> **Instructions to follow**
Below are entries; output exactly the lines from the one with "-- One copy of the bid goes." to the one with "-- the bids", both included, and nothing else.
[Given records Boundary: Start]
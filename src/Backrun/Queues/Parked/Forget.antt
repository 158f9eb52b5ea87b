-- ===== src/Backrun/Queues/Parked/Forget.antt =====
-- `forget` (src/backrun.rs) of a transaction that left the node's pool.
use magma_sidecar.Prelude.{
  ℕ, ◌-◌, ◌≤◌, ◌≡◌, ◌≢◌, ◌⊎◌, ◌==◌, ==_iff, refl, sym, ap, ◌∙◌, inl, inr, false, Bool-cases, none,
  some, List, length, arith, Option-cases, contains, subst,
}
use magma_sidecar.Prelude.Map
use magma_sidecar.Prelude.Set
use magma_sidecar.Prelude.Map.{HashMap}
use magma_sidecar.Word.{wrapping_sub_usize}
use magma_sidecar.Backrun.Pool.{PendingPool, PendingBid}
use magma_sidecar.Backrun.Queues.{forget, forget_bid, forget_target, forget_parked}
use magma_sidecar.Backrun.Queues.Frames.{SameCache}
use magma_sidecar.Backrun.Queues.Cache.{IsCacheValid, uncache}
use magma_sidecar.Backrun.Queues.Parked.{
  IsParked, parked, total-remove, parked-remove, Entries-remove,
}
use magma_sidecar.Backrun.Queues.Parked.Take.{get-total-le}
use magma_sidecar.Backrun.Queues.Parked.Bid.{
  copies, Targets-Entries, forget_bid-Forgets, occupied-total, occupied-copies, occupied-Entries,
  occupied-Distinct, occupied-parked, occupied_absent,
}

module _ {Tx : Type 0} where
  forget_target_hit :
      (h : ℕ) (bids : List (PendingBid Tx)) (p : PendingPool Tx)
      → Map.get h p.pending ≡ some bids
      → forget_target h p ≡ record p {
        pending = Map.remove h p.pending;
        pending_count = wrapping_sub_usize p.pending_count (length bids);
      }
  unfolding forget_target
  forget_target_hit h bids p held = rw (held, forget_target)

  forget_target_miss :
      (h : ℕ) (p : PendingPool Tx) → Map.get h p.pending ≡ none → forget_target h p ≡ p
  unfolding forget_target
  forget_target_miss h p gone = rw (gone, forget_target)

  pub forget_target-SameCache :
      (h : ℕ) (p : PendingPool Tx)
      → SameCache p (forget_target h p) × ((forget_target h p).pending_order ≡ p.pending_order)
  unfolding forget_target
  forget_target-SameCache h p = ground arith

  -- The entry of the hash goes, with its bids.
  pub forget_target-IsParked :
      (h : ℕ) (queue : List (ℕ × ℕ)) (p : PendingPool Tx)
      → IsParked queue p
      → IsParked queue (forget_target h p)
        × ((forget_target h p).pending ≡ Map.remove h p.pending)
        × ((forget_target h p).pending_count ≤ p.pending_count)
  forget_target-IsParked h queue p v = elim (Option-cases (Map.get h p.pending)) [
    | inl gone ↦
        rw (forget_target_miss h p gone)
          (v, ground (arith, Map.remove_absent h p.pending gone), omega arith)
    | inr (bids, held) ↦ rw (forget_target_hit h bids p held) (
      record {
        distinct = Map.remove-Distinct h p.pending v.distinct;
        entries = Entries-remove h p.pending v.entries;
        counted = ground (arith, v.counted, total-remove h bids p.pending v.distinct held);
        waiting = λ k j. ground (arith, v.waiting k j, parked-remove h j k p.pending);
      },
      refl,
      ground (arith, v.counted, get-total-le h bids p.pending held),
    )
  ]

  -- One copy of the bid goes.
  forget_parked-IsParked :
      (h : ℕ) (queue : List (ℕ × ℕ)) (p : PendingPool Tx)
      → IsParked queue p
      → IsParked queue (forget_parked h p)
        × (copies h (forget_parked h p).pending ≡ copies h p.pending - 1)
        × ((forget_parked h p).pending_count ≤ p.pending_count)
        × ((k : ℕ) → Map.get k p.pending ≡ none → Map.get k (forget_parked h p).pending ≡ none)
        × ((k j : ℕ) → j ≢ h → parked k j (forget_parked h p).pending ≡ parked k j p.pending)
  unfolding forget_parked
  forget_parked-IsParked h queue p v =
      let f = forget_bid-Forgets h p.pending (Targets-Entries p.pending v.entries) v.distinct in
      let left = (forget_bid h p.pending).0 in
      (
        record {
          distinct = occupied-Distinct left f.distinct;
          entries = occupied-Entries left f.targets;
          counted = ground (arith, v.counted, f.counted, occupied-total left);
          waiting =
              λ k j. omega (arith, v.waiting k j, f.fewer k j, occupied-parked k j left f.distinct);
        },
        ground (arith, occupied-copies h left, f.lost, f.at_most_one),
        ground (arith, v.counted, f.counted),
        λ k gone. occupied_absent k left (f.absent k gone),
        λ k j other. occupied-parked k j left f.distinct ∙ f.others k j other,
      )

  parked-remove_other :
      (h k j : ℕ) (m : HashMap (List (PendingBid Tx)))
      → k ≢ h
      → parked k j (Map.remove h m) ≡ parked k j m
  parked-remove_other h k j m other = ground (arith, other, parked-remove h j k m)

  -- From a pool whose cache and parked bids are well formed, forgetting a hash keeps both so.
  -- After it the hash is neither cached nor streamed, and no bid is parked under it as a target; of
  -- the bids with that hash that are parked under other targets exactly one goes, if there is any,
  -- and every other bid under another target stays parked. Neither the count of parked bids, the
  -- capacities nor the size of the cache grow.
  pub forget-IsParkedValid :
      (h : ℕ) (p : PendingPool Tx)
      → IsCacheValid p
      → IsParked p.pending_order p
      → IsCacheValid (forget h p)
        × IsParked (forget h p).pending_order (forget h p)
        × (Map.contains_key h (forget h p).cache ≡ false)
        × (contains h (forget h p).streamed_targets ≡ false)
        × (Map.get h (forget h p).pending ≡ none)
        × ((k j : ℕ)
            → (k ≡ h) ⊎ ((j ≡ h) ⊎ (parked k j (forget h p).pending ≡ parked k j p.pending)))
        × (copies h (forget h p).pending ≡ copies h (Map.remove h p.pending) - 1)
        × ((forget h p).pending_count ≤ p.pending_count)
        × (((forget h p).max_cache_entries ≡ p.max_cache_entries)
            × ((forget h p).max_pending_entries ≡ p.max_pending_entries))
        × (length (forget h p).cache ≤ length p.cache)
  unfolding forget forget_parked
  forget-IsParkedValid h p c v =
      let q = uncache h p in
      let kept : IsParked p.pending_order q = record {
        distinct = v.distinct;
        entries = v.entries;
        counted = v.counted;
        waiting = v.waiting;
      } in
      let (same, order) = forget_target-SameCache h q in
      let (without, removed, less) = forget_target-IsParked h p.pending_order q kept in
      let (parked_left, fewer, still_less, absent, others) =
        forget_parked-IsParked h p.pending_order (forget_target h q) without in
      (
        record {
          queued = λ k held. ground (
            arith,
            same.cache,
            same.cache_order,
            c.queued k,
            Map.contains_key-remove h k p.cache,
          );
          streamed = λ k held. ground (
            arith,
            same.cache,
            same.streamed_targets,
            c.streamed k,
            Map.contains_key-remove h k p.cache,
            Set.contains-remove h k p.streamed_targets,
          );
        },
        subst (λ queue. IsParked queue (forget_parked h (forget_target h q))) (sym order)
            parked_left,
        ground (arith, same.cache, Map.contains_key-remove h h p.cache),
        ground (arith, same.streamed_targets, Set.contains-remove h h p.streamed_targets),
        absent h (ap (Map.get h) removed ∙ ground (arith, Map.get-remove h h p.pending)),
        λ k j. elim (Bool-cases (k == h)) [
          | inl target ↦ inl ((==_iff k h).0 target)
          | inr elsewhere ↦ elim (Bool-cases (j == h)) [
            | inl bid ↦ inr (inl ((==_iff j h).0 bid))
            | inr other ↦ inr (
                inr (
                  others k j (ground (arith, other))
                  ∙ ap (parked k j) removed
                  ∙ parked-remove_other h k j p.pending (ground (arith, elsewhere))))
          ]
        ],
        fewer ∙ ap (λ m. copies h m - 1) removed,
        omega (arith, less, still_less),
        (same.max_cache_entries, same.max_pending_entries),
        ground (arith, same.cache, Map.length-remove-le h p.cache),
      )
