-- ===== src/Backrun/Queues/ExpireParked.antt =====
-- The second loop of `prune` (src/backrun.rs).
use magma_sidecar.Prelude.{
  ℕ, ◌+◌, ◌-◌, ◌≡◌, refl, inl, inr, true, false, leb, none, some, List, [], ◌∷◌, Bool-cases,
  Option-cases,
}
use magma_sidecar.Backrun.Pool.{PendingPool, PendingBid}
use magma_sidecar.Backrun.Queues.{find_parked, take_parked, prune_pending}
use magma_sidecar.Backrun.Queues.Parked.{IsParked}
use magma_sidecar.Backrun.Queues.Parked.Take.{take_parked-IsParked, skip-IsParked}
use magma_sidecar.Backrun.Queues.Evict.{Drops, Drops-stopped, Drops-taken}

module _ {Tx : Type 0} where
  -- The cases of the expiry loop.
  module _ (now t h : ℕ) (rest : List (ℕ × ℕ)) (expired : ℕ) (p : PendingPool Tx) where
    pub prune_pending_stale :
        find_parked t h p.pending ≡ none
        → prune_pending now ((t, h) ∷ rest) expired p ≡ prune_pending now rest expired p
    unfolding prune_pending
    prune_pending_stale gone = rw (gone, prune_pending)

    pub prune_pending_old :
        (pos : ℕ) (bid : PendingBid Tx) (bids : List (PendingBid Tx))
        → find_parked t h p.pending ≡ some (pos, bid, bids)
        → leb p.ttl (now - bid.seen_at) ≡ true
        → prune_pending now ((t, h) ∷ rest) expired p
          ≡ prune_pending now rest (expired + 1) (take_parked t pos bids p)
    unfolding prune_pending
    prune_pending_old pos bid bids found old = rw (found, prune_pending) (rw (old, prune_pending))

    pub prune_pending_young :
        (pos : ℕ) (bid : PendingBid Tx) (bids : List (PendingBid Tx))
        → find_parked t h p.pending ≡ some (pos, bid, bids)
        → leb p.ttl (now - bid.seen_at) ≡ false
        → prune_pending now ((t, h) ∷ rest) expired p
          ≡ (record p { pending_order = (t, h) ∷ rest }, expired)
    unfolding prune_pending
    prune_pending_young pos bid bids found young =
        rw (found, prune_pending) (rw (young, prune_pending))

  pub prune_pending_nil :
      (now expired : ℕ) (p : PendingPool Tx)
      → prune_pending now [] expired p ≡ (record p { pending_order = [] }, expired)
  unfolding prune_pending
  prune_pending_nil now expired p = refl

  pub prune_pending-Drops :
      (now : ℕ) (queue : List (ℕ × ℕ)) (expired : ℕ) (p : PendingPool Tx)
      → IsParked queue p
      → Drops p expired (prune_pending now queue expired p)
  prune_pending-Drops now [] expired p v =
      rw (prune_pending_nil now expired p) (Drops-stopped [] expired p v)
  prune_pending-Drops now ((t, h) ∷ rest) expired p v =
      elim (Option-cases (find_parked t h p.pending)) [
        | inl gone ↦
            rw (prune_pending_stale now t h rest expired p gone)
              (prune_pending-Drops now rest expired p (skip-IsParked t h rest p v gone))
        | inr ((pos, bid, bids), found) ↦ elim (Bool-cases (leb p.ttl (now - bid.seen_at))) [
          | inr young ↦
              rw (prune_pending_young now t h rest expired p pos bid bids found young)
                (Drops-stopped ((t, h) ∷ rest) expired p v)
          | inl old ↦
              let taken = take_parked-IsParked t h pos bid bids rest p v found in
              rw (prune_pending_old now t h rest expired p pos bid bids found old) (
                Drops-taken t pos bids expired p _ taken.1
                  (prune_pending-Drops now rest (expired + 1) (take_parked t pos bids p) taken.0))
        ]
      ]
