-- ===== src/Policy/Score.antt =====
-- src/policy.rs, lines 182-247 and 345-354: the decoding of a gateway call, and the score
-- `effective_priority_fee * gas_limit + bid`.
use mathlib.Core.Option
pub mod Laws
pub mod Order
use magma_sidecar.Prelude.{
  ℕ, ◌+◌, ◌*◌, ◌<◌, ◌≡◌, Bool, true, false, ◌==◌, ltb, if◌then◌else◌, Option, none, some, List,
  length, take, drop, bytes_eq, min,
}
use magma_sidecar.Word.{saturating_mul, saturating_add, saturating_sub}
use magma_sidecar.Tx.{TxApi, MagmaSearcherGatewayCall}
use magma_sidecar.Policy.Config.{PolicyConfig}

pub record GatewayCall : Type 0 where
  pub bid_amount : ℕ
  pub target_tx_hash : ℕ

-- `B256::ZERO`.
abbrev zero_hash : ℕ
zero_hash = 0

unfoldable pub is_tob : GatewayCall → Bool
is_tob call = call.target_tx_hash == zero_hash

unfoldable pub kept_fields : MagmaSearcherGatewayCall → GatewayCall
kept_fields call = record { bid_amount = call.bid_amount; target_tx_hash = call.target_tx_hash }

module _ {Tx : Type 0} (api : TxApi Tx) where
  open api use {
    to, input, gas_limit, priority_fee_or_price, max_fee_per_gas, selector, abi_decode_raw,
  }

  unfoldable pub decode_gateway_call : Tx → Option GatewayCall
  unfolding kept_fields
  decode_gateway_call tx =
      if ltb (length (input tx)) 4
      then none
      else if bytes_eq (take 4 (input tx)) selector
      then Option.map kept_fields (abi_decode_raw (drop 4 (input tx)))
      else none

  unfoldable pub gateway_bid_amount : Tx → Option ℕ
  gateway_bid_amount tx = Option.map (λ call. call.bid_amount) (decode_gateway_call tx)

  unfoldable pub effective_priority_fee_per_gas : Tx → ℕ → ℕ
  effective_priority_fee_per_gas tx base_fee_floor =
      min (priority_fee_or_price tx) (saturating_sub (max_fee_per_gas tx) base_fee_floor)

  -- The `match tx.to()` of `compute_priority`.
  unfoldable pub bid_component : Tx → PolicyConfig → Option ℕ → ℕ
  bid_component tx policy none = 0
  bid_component tx policy (some addr) =
      if addr == policy.gateway then Option.get_or (gateway_bid_amount tx) 0 else 0

  unfoldable pub compute_priority : Tx → PolicyConfig → ℕ
  unfolding bid_component
  compute_priority tx policy =
      let priority_fee = effective_priority_fee_per_gas tx policy.base_fee_floor_wei in
      let fee_component = saturating_mul priority_fee (gas_limit tx) in
      saturating_add fee_component (bid_component tx policy (to tx))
[Given records Boundary: End]
> **Response**
  -- One copy of the bid goes.
  forget_parked-IsParked :
      (h : ℕ) (queue : List (ℕ × ℕ)) (p : PendingPool Tx)
      → IsParked queue p
      → IsParked queue (forget_parked h p)
        × (copies h (forget_parked h p).pending ≡ copies h p.pending - 1)
        × ((forget_parked h p).pending_count ≤ p.pending_count)
        × ((k : ℕ) → Map.get k p.pending ≡ none → Map.get k (forget_parked h p).pending ≡ none)
        × ((k j : ℕ) → j ≢ h → parked k j (forget_parked h p).pending ≡ parked k j p.pending)
  unfolding forget_parked
  forget_parked-IsParked h queue p v =
      let f = forget_bid-Forgets h p.pending (Targets-Entries p.pending v.entries) v.distinct in
      let left = (forget_bid h p.pending).0 in
      (
        record {
          distinct = occupied-Distinct left f.distinct;
          entries = occupied-Entries left f.targets;
          counted = ground (arith, v.counted, f.counted, occupied-total left);
          waiting =
              λ k j. omega (arith, v.waiting k j, f.fewer k j, occupied-parked k j left f.distinct);
        },
        ground (arith, occupied-copies h left, f.lost, f.at_most_one),
        ground (arith, v.counted, f.counted),
        λ k gone. occupied_absent k left (f.absent k gone),
        λ k j other. occupied-parked k j left f.distinct ∙ f.others k j other,
      )

  parked-remove_other :
      (h k j : ℕ) (m : HashMap (List (PendingBid Tx)))
      → k ≢ h
      → parked k j (Map.remove h m) ≡ parked k j m
  parked-remove_other h k j m other = ground (arith, other, parked-remove h j k m)

  -- From a pool whose cache and parked bids are well formed, forgetting a hash keeps both so.
  -- After it the hash is neither cached nor streamed, and no bid is parked under it as a target; of
  -- the bids with that hash that are parked under other targets exactly one goes, if there is any,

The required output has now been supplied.